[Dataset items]
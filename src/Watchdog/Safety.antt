-- ===== src/Watchdog/Safety.antt =====
-- When a cycle restarts TeslaMate, and what it leaves of the objects that a restart is about.
use teslamate_watchdog.Shared.{
  ℕ, String, ◌≡◌, refl, inl, inr, Option-cases, Bool, true, false, ◌&&◌, Option, none, some, List,
  [], ◌∷◌, ◌++◌, arith, is_some, if◌then◌else◌,
}
use teslamate_watchdog.Python.{Python}
use teslamate_watchdog.Config.{Config}
use teslamate_watchdog.StateMachine
use teslamate_watchdog.StateMachine.{
  State, recovering, logged_out, logger_unhealthy, teslamate_unreachable, Observation, Transition,
  Machine, new_machine, evaluate, observe_healthy, observe_failure, force_state,
}
use teslamate_watchdog.StateMachine.States.{is, is_in, failure_states, restart_allowed_for_state}
use teslamate_watchdog.RestartManager.{Manager, record_restart}
use teslamate_watchdog.RestartManager.Guard.{evaluate-MayRestart}
use teslamate_watchdog.DockerClient.{restart}
use teslamate_watchdog.LogClassifier.{Classifier}
use teslamate_watchdog.Events.{Event, Failure}
use teslamate_watchdog.Recovery
use teslamate_watchdog.Recovery.{World, active, capture, begin, begin_failed, begin_waiting}
use teslamate_watchdog.Watchdog.{
  Watchdog, Cycle, decide, consider_recovery, announce, on_transition, react, observe,
  publish_status, check_once, probe_auth,
}

module _ (py : Python) (search : String → Bool) (k : Classifier) (c : Config) where
  -- the parts of the world that a restart is about
  abbrev pub SameRestarts : World → World → Type 0
  SameRestarts w w' =
      (w'.posted ≡ w.posted) × (w'.restarts ≡ w.restarts) × (w'.progress ≡ w.progress)

  abbrev pub asked : Cycle → State → Watchdog → Bool
  asked env s d = (decide py search k c env s d.database_healthy_streak d.world.restarts).allowed

  pub capture-SameRestarts :
      (env : Cycle) (s : State) (reason : String) (o : Observation) (w : World)
      → SameRestarts w (capture py c env.outside s reason o w)
        × ((capture py c env.outside s reason o w).machine ≡ w.machine)
  unfolding capture
  capture-SameRestarts env s reason o w = ground arith

  begin-effects :
      (env : Cycle) (s : State) (reason : String) (w : World)
      → let r = restart c env.outside.proxy c.teslamate_container in
        let (w', began) = begin py c env.outside s reason w in
        (began ≡ r.succeeded)
        × (w'.posted ≡ w.posted ++ r.posted)
        × (w'.restarts ≡ (
            if r.succeeded
            then record_restart py.isoformat env.outside.writable s reason
                env.outside.times.recorded w.restarts
            else w.restarts))
        × (is_some w'.progress ≡ (if r.succeeded then true else is_some w.progress))
  unfolding begin begin_failed begin_waiting
  begin-effects env s reason w = ground arith

  decide-restartable :
      (env : Cycle) (s : State) (streak : ℕ) (m : Manager)
      → (decide py search k c env s streak m).allowed ≡ true
      → (restart_allowed_for_state s ≡ true) × (is_in s failure_states ≡ true)
  unfolding decide restart_allowed_for_state is
  decide-restartable env s streak m h =
      let may =
        (evaluate-MayRestart c s streak (probe_auth py search k c env s) env.outside.times.guard
            m).0
          h in
      ground (arith, may.restartable)

  pub consider_recovery-effects :
      (env : Cycle) (s : State) (reason : String) (o : Observation) (streak : ℕ) (w : World)
      → let go = (decide py search k c env s streak w.restarts).allowed in
        let r = restart c env.outside.proxy c.teslamate_container in
        let (w', began) = consider_recovery py search k c env s reason o streak w in
        (began ≡ (go && r.succeeded))
        × (w'.posted ≡ (if go then w.posted ++ r.posted else w.posted))
        × (w'.restarts ≡ (
            if go && r.succeeded
            then record_restart py.isoformat env.outside.writable s reason
                env.outside.times.recorded w.restarts
            else w.restarts))
        × (active w' ≡ (if go && r.succeeded then true else active w))
  unfolding consider_recovery
  consider_recovery-effects env s reason o streak w =
      let captured = capture py c env.outside s reason o w in
      ground (
        arith,
        decide-restartable env s streak w.restarts,
        (capture-SameRestarts env s reason o w).0,
        begin-effects env s reason captured,
      )

  pub announce-SameRestarts :
      (s : State) (restarting : Bool) (base : Failure) (w : World)
      → SameRestarts w (announce py search k c s restarting base w)
        × ((announce py search k c s restarting base w).machine ≡ w.machine)
        × ((announce py search k c s restarting base w).status ≡ w.status)
  unfolding announce
  announce-SameRestarts s restarting base w = ground arith

  -- What a transition that is or is not acted on leaves of the manager.
  abbrev pub after_attempt : Cycle → Option Transition → Manager → Manager
  after_attempt env none m = m
  after_attempt env (some t) m =
      if (restart c env.outside.proxy c.teslamate_container).succeeded
      then record_restart py.isoformat env.outside.writable t.current t.reason
          env.outside.times.recorded m
      else m

  abbrev pub after_posts : Cycle → Option Transition → List String → List String
  after_posts env none ids = ids
  after_posts env (some _) ids = ids ++ (restart c env.outside.proxy c.teslamate_container).posted

  abbrev pub succeeds : Cycle → Option Transition → Bool
  succeeds env none = false
  succeeds env (some _) = (restart c env.outside.proxy c.teslamate_container).succeeded

  abbrev pub allowed_transition : Cycle → Transition → Watchdog → Option Transition
  allowed_transition env t d = if asked env t.current d then some t else none

  -- The transition that a cycle tries a restart for, if there is one: the state machine reports it
  -- in this very cycle, and the guard allows it.
  unfoldable pub attempt : Cycle → Observation → Watchdog → Option Transition
  attempt env o d = elim (StateMachine.step c o d.world.machine).1 [
    | none ↦ none
    | some t ↦ allowed_transition env t d
  ]

  abbrev pub Effects : Cycle → Option Transition → Watchdog → Watchdog → Type 0
  Effects env a d d' =
      (d'.world.posted ≡ after_posts env a d.world.posted)
      × (d'.world.restarts ≡ after_attempt env a d.world.restarts)
      × (active d'.world ≡ (if succeeds env a then true else active d.world))

  on_transition-Effects :
      (env : Cycle) (t : Transition) (o : Observation) (d : Watchdog)
      → Effects env (allowed_transition env t d) d (on_transition py search k c env t o d)
  unfolding on_transition
  on_transition-Effects env t o d =
      let base : Failure = record {
        state = t.current;
        previous_state = t.previous;
        reason = t.reason;
        observation = o;
      } in
      let w = record d.world { events = d.world.events ++ Event.failure_detected base ∷ [] } in
      let streak = d.database_healthy_streak in
      let considered = consider_recovery py search k c env t.current t.reason o streak w in
      ground (
        arith,
        decide-restartable env t.current streak d.world.restarts,
        consider_recovery-effects env t.current t.reason o streak w,
        (announce-SameRestarts t.current considered.1 base considered.0).0,
      )

  -- The reaction to an observation while no recovery is in progress asks Docker for a restart,
  -- records one and enters recovery only for the transition made in that cycle and allowed by the
  -- guard, as the restart of the configured container ends; without one it does none of these.
  pub react-Effects :
      (env : Cycle) (o : Observation) (d : Watchdog)
      → active d.world ≡ false
      → Effects env (attempt env o d) d (react py search k c env o d)
  unfolding react attempt
  react-Effects env o d h =
      let (machine, transition) = StateMachine.step c o d.world.machine in
      elim (Option-cases transition) [
        | inl e ↦ ground arith
        | inr (t, e) ↦ ground (
          arith,
          e,
          on_transition-Effects env t o (record d { world = record d.world { machine = machine } }),
        )
      ]

  -- The reaction to an observation while a recovery is in progress asks for no restart and records
  -- none.
  pub react-active :
      (env : Cycle) (o : Observation) (d : Watchdog)
      → active d.world ≡ true
      → ((react py search k c env o d).world.posted ≡ d.world.posted)
        × ((react py search k c env o d).world.restarts ≡ d.world.restarts)
  unfolding react Recovery.step
  react-active env o d h = ground arith

  pub world-check_once :
      (env : Cycle) (d : Watchdog)
      → let (seen, o) = observe py search k c env d in
        ((check_once py search k c env d).world ≡ (react py search k c env o seen).world)
        × (seen.world ≡ d.world)
  unfolding check_once observe publish_status
  world-check_once env d = (refl, refl)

→ Required work: Your answer should be the lines above from the one containing "let (machine, transition)" through the one containing "k c env d in", copied exactly and with both ends kept.

→ Written answer:
      let (machine, transition) = StateMachine.step c o d.world.machine in
      elim (Option-cases transition) [
        | inl e ↦ ground arith
        | inr (t, e) ↦ ground (
          arith,
          e,
          on_transition-Effects env t o (record d { world = record d.world { machine = machine } }),
        )
      ]

  -- The reaction to an observation while a recovery is in progress asks for no restart and records
  -- none.
  pub react-active :
      (env : Cycle) (o : Observation) (d : Watchdog)
      → active d.world ≡ true
      → ((react py search k c env o d).world.posted ≡ d.world.posted)
        × ((react py search k c env o d).world.restarts ≡ d.world.restarts)
  unfolding react Recovery.step
  react-active env o d h = ground arith

  pub world-check_once :
      (env : Cycle) (d : Watchdog)
      → let (seen, o) = observe py search k c env d in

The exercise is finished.